Across Canada, municipalities and even entire provinces like Ontario ban or restrict dogs because of their breed (or perceived breed).
HSI/Canada opposes such public policies as inhumane and ineffective. There is no evidence that breed-specific laws reduce dog bites or attacks on people, and they divert resources from more effective animal control and public safety initiatives. This is also reflected by the position statement of the Canadian Veterinary Medical Association on dangerous dog legislation, which they support, “[p]rovided that it is not discriminatory of a specific breed. This legislation should be directed at fostering the safety and protection of the general public from dogs classified as ‘dangerous’ or ‘vicious.’ The CVMA encourages and supports a community approach to dog bite prevention, including responsible breeding, training, pet selection and pet ownership as well as education on animals in the community.”
Breed-based policies aren’t founded on science or credible data, but on myths and misinformation surrounding different breeds. Their impact on dogs, families and animal shelters, however, is heartbreakingly real.
Learn the truth about breed bans, and help your community become a place where dogs aren’t judged by their looks, but by their behavior.
Bad laws have high costs
Breed bans and restrictions force dogs out of homes and into shelters, taking up kennel space and resources that could be used for animals who are truly homeless. Underfunded animal control agencies bear the burden of enforcing the laws, and are often called on to decide, based on looks alone, whether a dog belongs to a certain breed. Battles erupt between dog owners and local agencies—and often continue to the courts—costing the community resources that could have been spent on effective, breed-neutral dog laws and enforcement.
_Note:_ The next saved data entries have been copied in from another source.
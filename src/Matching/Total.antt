-- ===== src/Matching/Total.antt =====
-- When a candidate is returned.
use chip_chain_v.Prelude.{
  ◌≡◌, refl, sym, ap, String, String_eq, true, ◌==◌, ℕ, Option, List, map, all, Memᴰ, ok,
  ok-injective, Returns, Returns->>=, >>=-eq-ok, require-eq-ok, traverse, traverse-Returns_inside,
  sorted_texts, Memᴰ-all,
}
use chip_chain_v.Capability.{Capability, check_references, selected_of}
use chip_chain_v.Capability.Kinds.{selected_of-Returns}
use chip_chain_v.Binding.{
  Catalog, Binding, Draft, SetDraft, BindingSet, ExplicitManualBinding, bind_capability,
  bind_capabilities, make_set, concat,
}
use chip_chain_v.Matching.Data.{Contract, check_candidate}
use chip_chain_v.Matching.Match.{item_of, option_of, options_of, candidate_of, match_requirements}

options_of-Returns :
    (bs : List Binding) (cs : List Capability)
    → ((c : Capability) → Memᴰ c cs → check_references c ≡ ok tt)
    → Returns (options_of bs cs)
unfolding options_of option_of
options_of-Returns bs cs accepted =
    traverse-Returns_inside (λ c. traverse (option_of bs c) c.primitives) cs
      (λ c m. traverse-Returns_inside (option_of bs c) c.primitives (λ p inside.
        let (selected, found) = selected_of-Returns c p (accepted c m) inside in
        Returns->>= (selected_of c.constraints p) _ (selected, found)
          (λ s e. (item_of bs c p s, refl))))

bind_capabilities-source :
    (casefold : String → String) (content_id : Draft → String) (set_id : SetDraft → String)
    (source_id_of : List String → String) (cs : List Capability) (catalog : Catalog)
    (ms : List ExplicitManualBinding) (set : BindingSet)
    → bind_capabilities casefold content_id set_id source_id_of cs catalog ms ≡ ok set
    → set.content.firmware_source_id ≡ source_id_of (sorted_texts (map (λ c. c.capability_id) cs))
unfolding bind_capabilities make_set
bind_capabilities-source casefold content_id set_id source_id_of cs catalog ms set h =
    let (_, h1) = require-eq-ok _ "Invalid manual capability binding set" _ h in
    let (xss, bound, h2) =
      >>=-eq-ok (traverse (bind_capability casefold content_id set_id source_id_of catalog ms) cs) _
        h1 in
    ap (λ s. s.content.firmware_source_id) (sym (ok-injective h2))

-- Capabilities of the contract's architecture that are accepted are matched with the bindings that
-- were made for them: no check fails, and no key is missing.
pub match_requirements-Returns :
    (casefold : String → String) (parse_int : String → Option ℕ) (content_id : Draft → String)
    (set_id : SetDraft → String) (source_id_of : List String → String) (cs : List Capability)
    (catalog : Catalog) (ms : List ExplicitManualBinding) (set : BindingSet) (k : Contract)
    → ((c : Capability)
        → Memᴰ c cs
        → (check_references c ≡ ok tt) × (c.architecture ≡ k.architecture))
    → bind_capabilities casefold content_id set_id source_id_of cs catalog ms ≡ ok set
    → Returns (match_requirements casefold parse_int source_id_of cs set k)
unfolding match_requirements check_candidate
match_requirements-Returns casefold parse_int content_id set_id source_id_of cs catalog ms set k
      accepted h =
    let architectures : all (λ c. c.architecture == k.architecture) cs ≡ true =
      Memᴰ-all (λ c. c.architecture == k.architecture) cs
        (λ c m. (String_eq.beq_iff c.architecture k.architecture).1 (accepted c m).1) in
    let source =
      (String_eq.beq_iff set.content.firmware_source_id
          (source_id_of (sorted_texts (map (λ c. c.capability_id) cs)))).1
        (bind_capabilities-source casefold content_id set_id source_id_of cs catalog ms set h) in
    let (options, found) = options_of-Returns set.content.bindings cs (λ c m. (accepted c m).0) in
    (
      candidate_of casefold parse_int source_id_of cs set k (concat options),
      simp (architectures, source, found),
    )
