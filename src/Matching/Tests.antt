-- ===== src/Matching/Tests.antt =====
-- A contract whose one access the example capability performs.
use chip_chain_v.Prelude.{
  ◌≡◌, refl, String, String_eq, ℕ, true, Option, none, some, List, [], ◌∷◌, ok, is_ok, value_of,
  value_of-ok, Result, Returns, traverse, sorted_with, insert_with, Memᴰ, Memᴰ-in_one, sorted_texts,
  insert_sorted, is_nonempty,
}
use chip_chain_v.Capability.{
  is_distinct, is_subset, Capability, check_references, selected_of, constraint_named, domain_of,
  csr_of,
}
use chip_chain_v.Capability.Example.{capability, capability-accepted}
use chip_chain_v.Binding.{
  BindingSet, judge_width, judge_match, judge_matches, matches, automatic, select_kind,
  select_binding, make_set, bind_primitive, bind_capability, bind_capabilities, concat,
}
use chip_chain_v.Binding.Example.{same_text, draft_id, set_id, capset_id, catalog}
use chip_chain_v.Matching.Data.{
  AccessKind, mmio_access, check_candidate, TriggerCondition, Contract, Item, Candidate, supported,
}
use chip_chain_v.Matching.Judge.{value_fate, mmio_fate, mmio_status, judge_mmio}
use chip_chain_v.Matching.Match.{
  binding_of, option_of, options_of, access_status, judged_conditions, overall_status,
  judge_condition, match_requirements, runtime_matches,
}
use chip_chain_v.Matching.Candidates.{IsEstablished, match_requirements-IsEstablished}
use chip_chain_v.Matching.Total.{match_requirements-Returns}

abbrev no_number : String → Option ℕ
no_number s = none

abbrev set : Result BindingSet
set = bind_capabilities same_text draft_id set_id capset_id (capability ∷ []) catalog []

set-is_ok : is_ok set ≡ true
unfolding judge_width judge_match judge_matches matches automatic select_kind select_binding
    is_distinct is_subset traverse make_set bind_primitive bind_capability bind_capabilities
    selected_of constraint_named domain_of csr_of concat
set-is_ok = refl

abbrev bindings : BindingSet
bindings = value_of set set-is_ok

abbrev contract : Contract
contract = record {
  contract_id = "hwbehavior:1";
  architecture = "riscv";
  trigger =
      record {
        condition_id = "t-read";
        requirement = mmio_access (
            some (record {
              address = 0x4000;
              access = AccessKind.read;
              value_constraint = none;
              width_bits = some 32;
            }));
      }
      ∷ [];
  preconditions = "p-reset" ∷ [];
  deviation = "d-value" ∷ [];
  observation = "o-value" ∷ [];
}

abbrev candidate : Result Candidate
candidate = match_requirements same_text no_number capset_id (capability ∷ []) bindings contract

candidate-is_ok : is_ok candidate ≡ true
unfolding judge_width judge_match judge_matches matches automatic select_kind select_binding
    is_distinct is_subset traverse make_set bind_primitive bind_capability bind_capabilities
    selected_of constraint_named domain_of csr_of concat sorted_with insert_with sorted_texts
    insert_sorted binding_of option_of options_of match_requirements judge_condition overall_status
    runtime_matches check_candidate
candidate-is_ok = refl

abbrev result : Candidate
result = value_of candidate candidate-is_ok

result_supported : result.static_compatibility_status ≡ supported
unfolding judge_width judge_match judge_matches matches automatic select_kind select_binding
    is_distinct is_subset traverse make_set bind_primitive bind_capability bind_capabilities
    selected_of constraint_named domain_of csr_of concat sorted_with insert_with sorted_texts
    insert_sorted binding_of option_of options_of match_requirements judge_condition overall_status
    runtime_matches check_candidate value_fate mmio_fate mmio_status judge_mmio
result_supported = refl

match_requirements-IsEstablished_example :
    (options : List (List Item)) × (options_of bindings.content.bindings (capability ∷ [])
      ≡ ok options)
    × (is_nonempty (
          access_status (judged_conditions same_text no_number capset_id contract (concat options)))
        ≡ true)
    × ((t : TriggerCondition)
        → Memᴰ t contract.trigger
        → IsEstablished same_text no_number (concat options) t.requirement)
match_requirements-IsEstablished_example =
    match_requirements-IsEstablished same_text no_number capset_id (capability ∷ []) bindings
      contract result (value_of-ok candidate candidate-is_ok) result_supported

accepted :
    (c : Capability)
    → Memᴰ c (capability ∷ [])
    → (check_references c ≡ ok tt) × (c.architecture ≡ contract.architecture)
accepted =
    Memᴰ-in_one (λ c. (check_references c ≡ ok tt) × (c.architecture ≡ contract.architecture))
      capability (capability-accepted, refl)

match_requirements-Returns_example :
    Returns (match_requirements same_text no_number capset_id (capability ∷ []) bindings contract)
match_requirements-Returns_example =
    match_requirements-Returns same_text no_number draft_id set_id capset_id (capability ∷ [])
      catalog [] bindings contract accepted (value_of-ok set set-is_ok)
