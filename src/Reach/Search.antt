-- ===== src/Reach/Search.antt =====
-- `bounded_bfs`: the breadth-first search for a witness of at most so many edges.
use chip_chain_v.Prelude.{
  ℕ, zero, suc, leb, String, Bool, ◌==◌, Eq, Option, none, some, List, [], ◌∷◌, ◌++◌, map, select,
  contains, length, if◌then◌else◌, sorted_with,
}

-- An edge of the graph whose adjacency lists are searched.
pub record Arc {ℓ} (N : Type ℓ) : Type ℓ where
  pub source : N
  pub target : N
  pub edge_id : String

-- An entry of the queue: a node with the path and the edges that lead to it.
pub record Item {ℓ} (N : Type ℓ) : Type ℓ where
  pub node : N
  pub path : List N
  pub edges : List String

pub record Search {ℓ} (N : Type ℓ) : Type ℓ where
  pub queue : List (Item N)
  pub visited : List N

abbrev pub depth {ℓ} : {N : Type ℓ} → Item N → ℕ
depth i = length i.edges

abbrev pub extend {ℓ} : {N : Type ℓ} → Item N → N × String → Item N
extend i step = record {
  node = step.0;
  path = i.path ++ step.0 ∷ [];
  edges = i.edges ++ step.1 ∷ [];
}

abbrev pub start {ℓ} : {N : Type ℓ} → N → Item N
start source = record { node = source; path = source ∷ []; edges = [] }

-- `leq` is the order of `sorted` on pairs of a node and an edge's identifier.
module _ {ℓ} {N : Type ℓ} ⦃e : Eq N⦄ (leq : N × String → N × String → Bool) where
  -- `sorted(adjacency.get(node, []))`
  unfoldable pub neighbors : List (Arc N) → N → List (N × String)
  neighbors arcs n =
      sorted_with leq (map (λ a. (a.target, a.edge_id)) (select (λ a. a.source == n) arcs))

  -- The body of the loop over the neighbors.
  unfoldable pub offer : Item N → Search N → N × String → Search N
  offer i s step =
      if contains s.visited step.0
      then s
      else record { queue = s.queue ++ extend i step ∷ []; visited = step.0 ∷ s.visited }

  unfoldable pub scan : Item N → Search N → List (N × String) → Search N
  unfolding offer
  scan i s [] = s
  scan i s (step ∷ steps) = scan i (offer i s step) steps

  -- One round of the loop after the test of the targets, `rest` being the queue.
  unfoldable pub expand : List (Arc N) → ℕ → Item N → List (Item N) → List N → Search N
  unfolding scan neighbors
  expand arcs max_edges i rest visited =
      let s : Search N = record { queue = rest; visited = visited } in
      if leb max_edges (depth i) then s else scan i s (neighbors arcs i.node)

  -- The `while` loop. No result says that the fuel did not suffice.
  unfoldable pub loop :
      List (Arc N) → List N → ℕ → ℕ → List (Item N) → List N → Option (List N × List String)
  unfolding expand
  loop arcs targets max_edges zero queue visited = none
  loop arcs targets max_edges (suc fuel) [] visited = some ([], [])
  loop arcs targets max_edges (suc fuel) (i ∷ rest) visited =
      let next = expand arcs max_edges i rest visited in
      let later = loop arcs targets max_edges fuel next.queue next.visited in
      if contains targets i.node then some (i.path, i.edges) else later

  -- Each round takes an item from the queue, and each node that is queued was not visited before.
  unfoldable pub bounded_bfs : List (Arc N) → N → List N → ℕ → Option (List N × List String)
  unfolding loop
  bounded_bfs arcs source targets max_edges =
      loop arcs targets max_edges (suc (suc (length arcs))) (start source ∷ []) (source ∷ [])
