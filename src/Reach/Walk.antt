-- ===== src/Reach/Walk.antt =====
-- Walks along edges, as the search lists them.
use chip_chain_v.Prelude.{
  suc, ◌≡◌, refl, String, List, [], ◌∷◌, ◌++◌, Memᴰ, length, arith, length-append,
}
use chip_chain_v.Reach.Search.{Arc}

-- A walk from one node to another, with its nodes and the identifiers of its edges in order.
pub data Walk {ℓ} {N : Type ℓ} (arcs : List (Arc N)) (source : N)
    : (target : N) → List N → List String → Type ℓ where
  here : Walk arcs source source (source ∷ []) []
  step :
      {path : List N} {ids : List String} (a : Arc N)
      → Memᴰ a arcs
      → Walk arcs source a.source path ids
      → Walk arcs source a.target (path ++ a.target ∷ []) (ids ++ a.edge_id ∷ [])

module _ {ℓ} {N : Type ℓ} {arcs : List (Arc N)} {source : N} where
  -- A walk has one node more than edges.
  pub Walk-length :
      {target : N} {path : List N} {ids : List String}
      → Walk arcs source target path ids
      → length path ≡ suc (length ids)
  Walk-length here = refl
  Walk-length (step {path} {ids} a inside walk) = omega (
    arith,
    length-append path (a.target ∷ []),
    length-append ids (a.edge_id ∷ []),
    Walk-length walk,
  )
Science doesn’t support breed bias
Experts have found that no breed is more likely to bite than another. The CVMA, the Ordre des médecins vétérinaires du Québec, the American Veterinary Medical Association, the National Companion Animal Coalition and the U.S. Centers for Disease Control and Prevention oppose breed-specific legislation, along with leading animal welfare organizations.
Complicating the issue of breed bans and restrictions is the fact that often pet dogs are mixed breeds. Through canine genetic testing, studies have found that even people in animal-related professions can’t accurately identify the breeds in a mixed-breed dog’s genealogy. Tragically, breed-biased laws have caused the deaths of countless dogs whose only crime was to resemble a certain breed.
Breeds don’t magically disappear
In a 2012 article about the long-standing breed ban in Miami-Dade County, Fla., Kathy Labrada, then head of animal services enforcement, admitted that the ban had been a failure. “No, it has not been effective,” she told The Daily Telegraph. “To target a specific breed I don’t think is logical.”
Many animal shelters are flooded with dogs who, because of breed bans, can’t be adopted to the people in their communities. Shelters in neighboring cities and counties often end up taking in the dogs, creating something like a shell game. Katie Barnett, an animal law attorney in Kansas, remembers when animal control officers showed up at her door several years ago and told her that she had two weeks to get rid of her dog, Katrina. Instead, Barnett and Katrina moved just 10 miles away, to another city in the Kansas City metropolitan area that didn’t ban Staffordshire bull terriers. Her experience, Barnett says, underscores the illogic behind a patchwork of local breed bans: “I can live in one city and by simply crossing the street into another, all of the sudden my dog is labeled dangerous.”
BSL is a dying trend
Fortunately, more people and their elected officials are learning why breed bans don’t make sense, and BSL is on the decline. In the United States, 19 states have passed laws prohibiting BSL on the local level, and nearly 100 municipalities have replaced BSL with breed-neutral policies. Repealing BSL has not resulted in more dog bites in these communities. In fact, after Ohio repealed its statewide breed-based law, State Farm Insurance reported a decrease in dog-related claims in the state.